» Problem
Give again, word for word, every line in the entries below from the line with "(tail, q) ↦" up to and including the line with "parse_frames_sound grpc_max_frames 0", and no other line.

Saved entries
++++++++

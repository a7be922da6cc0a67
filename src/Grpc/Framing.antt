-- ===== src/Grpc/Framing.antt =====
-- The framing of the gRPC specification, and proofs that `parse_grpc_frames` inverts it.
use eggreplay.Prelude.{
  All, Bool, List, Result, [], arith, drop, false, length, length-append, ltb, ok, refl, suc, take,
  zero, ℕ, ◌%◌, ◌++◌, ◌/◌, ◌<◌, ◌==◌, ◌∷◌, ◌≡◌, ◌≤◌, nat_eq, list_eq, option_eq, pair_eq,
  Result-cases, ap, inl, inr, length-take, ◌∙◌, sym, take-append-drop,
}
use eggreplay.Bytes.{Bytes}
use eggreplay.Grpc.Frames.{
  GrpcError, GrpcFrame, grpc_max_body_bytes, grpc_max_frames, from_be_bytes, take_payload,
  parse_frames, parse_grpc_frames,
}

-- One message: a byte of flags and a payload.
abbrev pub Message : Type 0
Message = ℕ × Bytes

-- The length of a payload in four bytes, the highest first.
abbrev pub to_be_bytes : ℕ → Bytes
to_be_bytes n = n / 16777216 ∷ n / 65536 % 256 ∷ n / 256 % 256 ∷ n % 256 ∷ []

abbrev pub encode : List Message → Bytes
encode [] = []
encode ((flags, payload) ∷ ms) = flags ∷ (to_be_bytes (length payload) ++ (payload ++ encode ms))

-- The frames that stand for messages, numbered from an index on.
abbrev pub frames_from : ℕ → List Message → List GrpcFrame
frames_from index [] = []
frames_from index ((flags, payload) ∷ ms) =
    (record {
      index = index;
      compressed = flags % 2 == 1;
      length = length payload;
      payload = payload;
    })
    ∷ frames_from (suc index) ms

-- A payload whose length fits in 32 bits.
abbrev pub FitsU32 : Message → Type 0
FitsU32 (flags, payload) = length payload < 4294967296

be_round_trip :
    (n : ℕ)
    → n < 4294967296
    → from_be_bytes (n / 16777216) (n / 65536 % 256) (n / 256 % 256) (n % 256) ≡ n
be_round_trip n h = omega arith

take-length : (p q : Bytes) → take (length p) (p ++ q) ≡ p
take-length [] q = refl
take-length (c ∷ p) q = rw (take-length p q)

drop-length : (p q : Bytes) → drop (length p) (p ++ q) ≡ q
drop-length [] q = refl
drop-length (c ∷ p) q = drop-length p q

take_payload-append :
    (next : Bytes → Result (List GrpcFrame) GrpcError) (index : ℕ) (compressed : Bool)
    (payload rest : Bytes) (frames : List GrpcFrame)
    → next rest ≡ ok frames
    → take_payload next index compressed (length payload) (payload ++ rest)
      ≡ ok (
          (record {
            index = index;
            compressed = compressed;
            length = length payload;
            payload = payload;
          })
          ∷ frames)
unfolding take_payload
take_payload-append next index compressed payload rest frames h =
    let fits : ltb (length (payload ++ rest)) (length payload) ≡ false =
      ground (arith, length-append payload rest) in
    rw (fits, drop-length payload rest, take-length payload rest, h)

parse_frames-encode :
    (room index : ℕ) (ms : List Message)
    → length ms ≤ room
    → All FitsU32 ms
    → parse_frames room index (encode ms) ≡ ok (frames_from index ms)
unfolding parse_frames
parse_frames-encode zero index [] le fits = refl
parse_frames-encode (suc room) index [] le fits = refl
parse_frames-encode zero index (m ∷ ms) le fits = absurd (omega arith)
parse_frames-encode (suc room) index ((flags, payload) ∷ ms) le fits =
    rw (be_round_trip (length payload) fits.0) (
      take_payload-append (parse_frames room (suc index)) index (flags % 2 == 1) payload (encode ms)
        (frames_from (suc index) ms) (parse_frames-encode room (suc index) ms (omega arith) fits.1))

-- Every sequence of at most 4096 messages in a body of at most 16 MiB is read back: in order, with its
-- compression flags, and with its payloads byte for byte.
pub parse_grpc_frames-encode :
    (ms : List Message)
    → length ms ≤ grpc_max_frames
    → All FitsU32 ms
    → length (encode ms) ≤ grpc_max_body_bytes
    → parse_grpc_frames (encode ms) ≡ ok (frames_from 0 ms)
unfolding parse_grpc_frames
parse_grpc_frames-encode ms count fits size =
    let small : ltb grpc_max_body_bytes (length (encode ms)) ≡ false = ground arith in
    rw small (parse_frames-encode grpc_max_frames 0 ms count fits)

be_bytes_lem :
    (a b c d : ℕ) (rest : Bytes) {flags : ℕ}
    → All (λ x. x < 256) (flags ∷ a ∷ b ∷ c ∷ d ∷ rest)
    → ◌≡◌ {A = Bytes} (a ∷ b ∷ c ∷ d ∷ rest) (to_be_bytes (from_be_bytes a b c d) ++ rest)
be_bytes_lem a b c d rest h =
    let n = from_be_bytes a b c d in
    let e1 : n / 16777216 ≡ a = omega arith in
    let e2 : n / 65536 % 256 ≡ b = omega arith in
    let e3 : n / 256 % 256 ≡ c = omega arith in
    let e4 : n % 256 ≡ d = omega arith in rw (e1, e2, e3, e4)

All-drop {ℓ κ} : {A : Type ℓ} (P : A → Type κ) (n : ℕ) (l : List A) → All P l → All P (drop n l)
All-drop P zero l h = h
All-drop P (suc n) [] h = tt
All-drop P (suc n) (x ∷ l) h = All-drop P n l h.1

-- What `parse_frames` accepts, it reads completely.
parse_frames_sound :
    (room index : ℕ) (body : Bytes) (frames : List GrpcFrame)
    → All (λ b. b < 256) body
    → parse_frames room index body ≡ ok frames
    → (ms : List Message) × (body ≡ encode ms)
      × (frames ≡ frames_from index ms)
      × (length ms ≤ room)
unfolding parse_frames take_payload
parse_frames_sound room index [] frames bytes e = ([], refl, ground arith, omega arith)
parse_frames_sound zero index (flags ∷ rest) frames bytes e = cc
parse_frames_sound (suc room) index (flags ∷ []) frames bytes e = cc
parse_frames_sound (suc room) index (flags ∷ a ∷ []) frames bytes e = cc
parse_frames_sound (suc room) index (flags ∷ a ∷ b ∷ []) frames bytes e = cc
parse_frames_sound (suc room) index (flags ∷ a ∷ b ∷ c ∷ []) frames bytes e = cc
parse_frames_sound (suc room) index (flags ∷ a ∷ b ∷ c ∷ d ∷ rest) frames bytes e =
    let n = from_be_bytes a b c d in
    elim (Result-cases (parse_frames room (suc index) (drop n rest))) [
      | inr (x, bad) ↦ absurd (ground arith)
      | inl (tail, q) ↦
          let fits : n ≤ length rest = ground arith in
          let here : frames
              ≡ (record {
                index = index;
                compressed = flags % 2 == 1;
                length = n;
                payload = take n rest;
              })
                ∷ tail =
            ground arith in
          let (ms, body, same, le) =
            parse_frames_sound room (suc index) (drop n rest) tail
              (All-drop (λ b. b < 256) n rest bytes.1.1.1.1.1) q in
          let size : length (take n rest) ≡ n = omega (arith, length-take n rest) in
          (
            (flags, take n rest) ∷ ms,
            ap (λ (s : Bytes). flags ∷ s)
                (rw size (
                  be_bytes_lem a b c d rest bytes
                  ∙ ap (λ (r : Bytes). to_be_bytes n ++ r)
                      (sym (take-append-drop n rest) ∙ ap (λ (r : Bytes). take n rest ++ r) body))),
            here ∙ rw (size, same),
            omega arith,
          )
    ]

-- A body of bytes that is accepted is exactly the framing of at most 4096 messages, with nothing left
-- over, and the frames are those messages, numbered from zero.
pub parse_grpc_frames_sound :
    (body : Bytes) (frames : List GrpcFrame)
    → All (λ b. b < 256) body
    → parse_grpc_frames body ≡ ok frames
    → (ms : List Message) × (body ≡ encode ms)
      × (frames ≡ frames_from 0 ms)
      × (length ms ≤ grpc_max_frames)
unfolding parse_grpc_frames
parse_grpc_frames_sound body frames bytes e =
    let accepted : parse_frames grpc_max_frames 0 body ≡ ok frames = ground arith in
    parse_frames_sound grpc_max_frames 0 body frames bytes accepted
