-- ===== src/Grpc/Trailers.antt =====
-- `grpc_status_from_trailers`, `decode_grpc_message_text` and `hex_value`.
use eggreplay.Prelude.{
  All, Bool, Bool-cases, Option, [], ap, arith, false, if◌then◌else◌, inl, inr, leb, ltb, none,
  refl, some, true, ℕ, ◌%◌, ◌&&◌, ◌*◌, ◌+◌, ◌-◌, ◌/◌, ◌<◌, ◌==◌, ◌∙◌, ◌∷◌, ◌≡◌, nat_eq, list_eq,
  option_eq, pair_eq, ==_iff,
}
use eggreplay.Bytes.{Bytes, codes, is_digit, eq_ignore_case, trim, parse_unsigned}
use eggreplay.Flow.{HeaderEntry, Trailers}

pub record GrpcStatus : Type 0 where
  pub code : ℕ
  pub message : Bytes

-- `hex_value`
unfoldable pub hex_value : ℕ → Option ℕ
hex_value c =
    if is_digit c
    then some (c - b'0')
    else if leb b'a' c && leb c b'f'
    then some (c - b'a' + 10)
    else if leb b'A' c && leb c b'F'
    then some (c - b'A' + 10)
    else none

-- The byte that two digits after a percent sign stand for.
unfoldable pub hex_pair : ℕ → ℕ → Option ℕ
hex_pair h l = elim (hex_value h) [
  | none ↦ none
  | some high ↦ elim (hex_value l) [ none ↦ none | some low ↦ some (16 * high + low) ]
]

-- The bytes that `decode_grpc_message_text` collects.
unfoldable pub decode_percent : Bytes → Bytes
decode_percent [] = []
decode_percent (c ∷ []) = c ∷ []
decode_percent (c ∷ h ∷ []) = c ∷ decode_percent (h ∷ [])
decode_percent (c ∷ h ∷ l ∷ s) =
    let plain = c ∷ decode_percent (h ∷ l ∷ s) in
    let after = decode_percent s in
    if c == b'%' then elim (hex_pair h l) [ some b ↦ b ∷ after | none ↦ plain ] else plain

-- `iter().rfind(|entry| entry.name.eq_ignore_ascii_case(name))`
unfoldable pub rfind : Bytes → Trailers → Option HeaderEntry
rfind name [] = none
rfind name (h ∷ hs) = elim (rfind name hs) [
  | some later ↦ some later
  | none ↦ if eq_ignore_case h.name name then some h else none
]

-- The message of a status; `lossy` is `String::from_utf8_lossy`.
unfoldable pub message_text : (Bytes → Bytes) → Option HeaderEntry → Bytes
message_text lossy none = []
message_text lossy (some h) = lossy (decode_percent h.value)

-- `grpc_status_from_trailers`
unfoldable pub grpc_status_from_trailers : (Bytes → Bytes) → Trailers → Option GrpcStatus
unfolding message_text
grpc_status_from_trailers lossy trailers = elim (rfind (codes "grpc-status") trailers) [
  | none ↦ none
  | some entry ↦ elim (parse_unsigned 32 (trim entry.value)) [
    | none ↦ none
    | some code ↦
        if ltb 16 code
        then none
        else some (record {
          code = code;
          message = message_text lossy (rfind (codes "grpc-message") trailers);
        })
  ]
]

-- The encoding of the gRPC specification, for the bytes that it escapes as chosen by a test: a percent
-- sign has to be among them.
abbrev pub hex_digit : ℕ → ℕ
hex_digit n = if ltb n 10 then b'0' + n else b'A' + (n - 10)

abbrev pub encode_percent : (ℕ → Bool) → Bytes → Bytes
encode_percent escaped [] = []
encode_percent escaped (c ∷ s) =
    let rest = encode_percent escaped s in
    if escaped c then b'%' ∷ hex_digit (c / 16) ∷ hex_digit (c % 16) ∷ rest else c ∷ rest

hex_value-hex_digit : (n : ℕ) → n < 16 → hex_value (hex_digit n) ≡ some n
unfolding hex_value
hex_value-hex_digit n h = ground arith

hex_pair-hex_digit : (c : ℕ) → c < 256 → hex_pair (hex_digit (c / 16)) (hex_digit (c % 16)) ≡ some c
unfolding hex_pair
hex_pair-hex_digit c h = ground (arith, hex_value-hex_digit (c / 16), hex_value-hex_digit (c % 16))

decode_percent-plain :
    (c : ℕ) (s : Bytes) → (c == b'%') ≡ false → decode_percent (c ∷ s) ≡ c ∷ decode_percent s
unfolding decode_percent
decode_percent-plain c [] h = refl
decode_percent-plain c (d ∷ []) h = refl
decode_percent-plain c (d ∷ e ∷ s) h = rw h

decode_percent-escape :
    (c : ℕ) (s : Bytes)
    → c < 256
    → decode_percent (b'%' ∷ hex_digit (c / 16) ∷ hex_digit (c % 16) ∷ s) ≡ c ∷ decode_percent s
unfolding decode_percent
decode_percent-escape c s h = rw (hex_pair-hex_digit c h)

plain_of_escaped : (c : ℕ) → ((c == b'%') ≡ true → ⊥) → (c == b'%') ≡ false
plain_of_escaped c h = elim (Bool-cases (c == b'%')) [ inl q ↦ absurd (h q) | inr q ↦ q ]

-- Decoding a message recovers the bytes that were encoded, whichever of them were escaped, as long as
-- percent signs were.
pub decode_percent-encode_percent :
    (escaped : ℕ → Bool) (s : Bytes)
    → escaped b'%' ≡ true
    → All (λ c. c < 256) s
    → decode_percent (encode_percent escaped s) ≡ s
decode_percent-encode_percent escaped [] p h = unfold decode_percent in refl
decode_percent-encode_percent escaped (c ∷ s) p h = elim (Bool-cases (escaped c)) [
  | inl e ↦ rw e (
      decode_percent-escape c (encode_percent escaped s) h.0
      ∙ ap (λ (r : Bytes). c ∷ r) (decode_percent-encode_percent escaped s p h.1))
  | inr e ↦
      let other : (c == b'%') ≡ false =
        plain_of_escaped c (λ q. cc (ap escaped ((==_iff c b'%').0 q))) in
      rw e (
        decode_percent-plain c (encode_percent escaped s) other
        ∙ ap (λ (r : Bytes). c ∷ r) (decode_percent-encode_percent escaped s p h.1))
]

++++++++

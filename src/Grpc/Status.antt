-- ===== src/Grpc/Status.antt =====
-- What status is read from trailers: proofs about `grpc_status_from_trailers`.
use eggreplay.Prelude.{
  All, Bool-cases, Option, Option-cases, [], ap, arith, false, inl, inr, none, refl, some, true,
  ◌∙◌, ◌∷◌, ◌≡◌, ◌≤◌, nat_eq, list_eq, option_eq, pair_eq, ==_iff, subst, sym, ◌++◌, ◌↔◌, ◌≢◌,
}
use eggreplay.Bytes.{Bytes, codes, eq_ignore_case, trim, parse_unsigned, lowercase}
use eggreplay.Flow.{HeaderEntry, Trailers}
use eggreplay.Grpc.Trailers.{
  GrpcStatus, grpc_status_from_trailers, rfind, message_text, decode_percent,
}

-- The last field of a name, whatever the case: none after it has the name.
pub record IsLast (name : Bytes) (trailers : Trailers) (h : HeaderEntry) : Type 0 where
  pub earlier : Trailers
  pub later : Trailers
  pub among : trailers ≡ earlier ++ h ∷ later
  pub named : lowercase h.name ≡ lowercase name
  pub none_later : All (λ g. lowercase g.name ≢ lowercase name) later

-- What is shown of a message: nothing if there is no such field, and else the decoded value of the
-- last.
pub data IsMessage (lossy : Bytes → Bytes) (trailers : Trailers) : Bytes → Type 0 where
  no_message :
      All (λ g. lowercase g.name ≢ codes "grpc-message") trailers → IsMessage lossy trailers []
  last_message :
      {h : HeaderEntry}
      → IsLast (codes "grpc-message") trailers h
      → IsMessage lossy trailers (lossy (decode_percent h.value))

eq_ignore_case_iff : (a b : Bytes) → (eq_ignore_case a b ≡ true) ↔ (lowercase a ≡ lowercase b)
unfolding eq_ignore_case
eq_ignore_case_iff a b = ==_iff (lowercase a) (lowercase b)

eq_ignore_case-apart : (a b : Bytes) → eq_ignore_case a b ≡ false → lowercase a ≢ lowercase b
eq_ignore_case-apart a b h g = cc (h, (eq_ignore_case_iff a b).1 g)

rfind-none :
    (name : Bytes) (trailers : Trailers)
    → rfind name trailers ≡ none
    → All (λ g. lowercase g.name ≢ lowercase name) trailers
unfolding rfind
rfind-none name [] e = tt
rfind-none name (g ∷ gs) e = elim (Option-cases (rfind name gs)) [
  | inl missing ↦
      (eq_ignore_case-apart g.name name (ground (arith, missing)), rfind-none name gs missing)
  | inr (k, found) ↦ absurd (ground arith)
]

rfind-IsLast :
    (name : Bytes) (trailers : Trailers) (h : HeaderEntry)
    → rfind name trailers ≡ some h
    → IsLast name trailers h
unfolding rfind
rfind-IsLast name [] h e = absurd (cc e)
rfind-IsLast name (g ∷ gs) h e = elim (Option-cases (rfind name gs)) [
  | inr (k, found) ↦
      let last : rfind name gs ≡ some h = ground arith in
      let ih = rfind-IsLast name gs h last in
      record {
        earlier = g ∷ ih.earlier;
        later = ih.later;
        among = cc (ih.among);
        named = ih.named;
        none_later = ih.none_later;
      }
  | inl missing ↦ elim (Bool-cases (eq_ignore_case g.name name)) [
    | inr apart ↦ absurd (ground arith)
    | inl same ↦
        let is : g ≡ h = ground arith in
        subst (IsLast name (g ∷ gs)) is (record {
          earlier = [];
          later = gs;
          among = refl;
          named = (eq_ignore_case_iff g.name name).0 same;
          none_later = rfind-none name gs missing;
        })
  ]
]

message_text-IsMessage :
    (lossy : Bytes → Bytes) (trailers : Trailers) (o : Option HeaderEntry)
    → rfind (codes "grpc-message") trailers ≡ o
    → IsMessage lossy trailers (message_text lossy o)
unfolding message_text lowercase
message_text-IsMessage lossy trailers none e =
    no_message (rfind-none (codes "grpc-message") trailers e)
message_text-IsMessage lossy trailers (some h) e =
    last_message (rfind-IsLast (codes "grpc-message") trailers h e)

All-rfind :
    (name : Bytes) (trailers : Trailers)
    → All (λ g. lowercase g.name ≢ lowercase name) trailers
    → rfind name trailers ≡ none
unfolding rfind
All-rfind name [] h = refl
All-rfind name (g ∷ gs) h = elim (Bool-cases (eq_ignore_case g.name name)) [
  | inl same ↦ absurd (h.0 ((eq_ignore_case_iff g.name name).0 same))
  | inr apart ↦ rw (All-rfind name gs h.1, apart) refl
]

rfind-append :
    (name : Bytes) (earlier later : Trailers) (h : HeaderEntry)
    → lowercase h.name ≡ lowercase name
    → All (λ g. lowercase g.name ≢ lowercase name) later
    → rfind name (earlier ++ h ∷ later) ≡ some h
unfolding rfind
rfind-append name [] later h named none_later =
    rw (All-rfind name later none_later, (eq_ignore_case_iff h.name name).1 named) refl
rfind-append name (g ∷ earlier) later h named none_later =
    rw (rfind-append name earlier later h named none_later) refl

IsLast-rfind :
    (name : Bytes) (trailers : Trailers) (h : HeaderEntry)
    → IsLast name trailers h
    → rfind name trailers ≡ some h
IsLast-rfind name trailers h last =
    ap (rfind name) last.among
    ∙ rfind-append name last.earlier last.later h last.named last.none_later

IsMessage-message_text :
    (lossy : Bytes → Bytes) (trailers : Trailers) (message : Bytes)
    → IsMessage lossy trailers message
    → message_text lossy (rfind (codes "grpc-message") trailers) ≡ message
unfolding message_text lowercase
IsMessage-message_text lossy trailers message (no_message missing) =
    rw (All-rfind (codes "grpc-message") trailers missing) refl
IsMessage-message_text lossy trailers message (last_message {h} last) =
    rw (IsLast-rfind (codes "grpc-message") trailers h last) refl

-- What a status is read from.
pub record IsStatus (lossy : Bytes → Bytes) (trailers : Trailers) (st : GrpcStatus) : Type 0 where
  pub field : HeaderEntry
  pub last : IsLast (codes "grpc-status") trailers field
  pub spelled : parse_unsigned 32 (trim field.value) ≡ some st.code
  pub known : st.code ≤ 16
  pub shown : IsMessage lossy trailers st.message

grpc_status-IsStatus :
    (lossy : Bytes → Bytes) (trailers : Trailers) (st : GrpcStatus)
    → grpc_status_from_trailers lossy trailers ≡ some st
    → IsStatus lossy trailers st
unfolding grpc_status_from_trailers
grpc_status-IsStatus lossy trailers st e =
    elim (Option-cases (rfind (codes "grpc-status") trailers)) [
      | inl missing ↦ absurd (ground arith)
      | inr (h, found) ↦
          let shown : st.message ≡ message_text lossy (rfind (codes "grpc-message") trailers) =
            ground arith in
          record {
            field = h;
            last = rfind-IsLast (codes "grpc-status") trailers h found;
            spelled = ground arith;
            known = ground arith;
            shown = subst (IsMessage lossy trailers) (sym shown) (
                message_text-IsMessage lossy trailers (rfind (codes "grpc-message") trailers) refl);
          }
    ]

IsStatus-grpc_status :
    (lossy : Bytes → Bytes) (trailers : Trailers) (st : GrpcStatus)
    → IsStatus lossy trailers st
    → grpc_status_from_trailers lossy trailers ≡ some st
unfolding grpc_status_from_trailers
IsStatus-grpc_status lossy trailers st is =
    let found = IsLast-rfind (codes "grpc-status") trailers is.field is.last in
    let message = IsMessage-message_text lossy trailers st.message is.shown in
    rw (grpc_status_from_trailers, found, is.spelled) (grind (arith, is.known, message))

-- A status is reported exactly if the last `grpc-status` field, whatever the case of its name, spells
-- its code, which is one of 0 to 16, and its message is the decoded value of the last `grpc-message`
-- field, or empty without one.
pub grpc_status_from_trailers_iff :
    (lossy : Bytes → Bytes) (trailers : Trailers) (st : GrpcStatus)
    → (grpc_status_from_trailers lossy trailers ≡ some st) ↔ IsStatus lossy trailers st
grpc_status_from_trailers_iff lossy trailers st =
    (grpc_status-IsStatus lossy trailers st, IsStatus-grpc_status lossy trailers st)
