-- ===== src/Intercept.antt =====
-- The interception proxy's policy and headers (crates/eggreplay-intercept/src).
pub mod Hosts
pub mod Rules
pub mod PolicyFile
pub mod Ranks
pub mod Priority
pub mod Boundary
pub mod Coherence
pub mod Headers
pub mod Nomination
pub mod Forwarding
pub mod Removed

++++++++

» Answer box
      | inl (tail, q) ↦
          let fits : n ≤ length rest = ground arith in
          let here : frames
              ≡ (record {
                index = index;
                compressed = flags % 2 == 1;
                length = n;
                payload = take n rest;
              })
                ∷ tail =
            ground arith in
          let (ms, body, same, le) =
            parse_frames_sound room (suc index) (drop n rest) tail
              (All-drop (λ b. b < 256) n rest bytes.1.1.1.1.1) q in
          let size : length (take n rest) ≡ n = omega (arith, length-take n rest) in
          (
            (flags, take n rest) ∷ ms,
            ap (λ (s : Bytes). flags ∷ s)
                (rw size (
                  be_bytes_lem a b c d rest bytes
                  ∙ ap (λ (r : Bytes). to_be_bytes n ++ r)
                      (sym (take-append-drop n rest) ∙ ap (λ (r : Bytes). take n rest ++ r) body))),
            here ∙ rw (size, same),
            omega arith,
          )
    ]

-- A body of bytes that is accepted is exactly the framing of at most 4096 messages, with nothing left
-- over, and the frames are those messages, numbered from zero.
pub parse_grpc_frames_sound :
    (body : Bytes) (frames : List GrpcFrame)
    → All (λ b. b < 256) body
    → parse_grpc_frames body ≡ ok frames
    → (ms : List Message) × (body ≡ encode ms)
      × (frames ≡ frames_from 0 ms)
      × (length ms ≤ grpc_max_frames)
unfolding parse_grpc_frames
parse_grpc_frames_sound body frames bytes e =
    let accepted : parse_frames grpc_max_frames 0 body ≡ ok frames = ground arith in
    parse_frames_sound grpc_max_frames 0 body frames bytes accepted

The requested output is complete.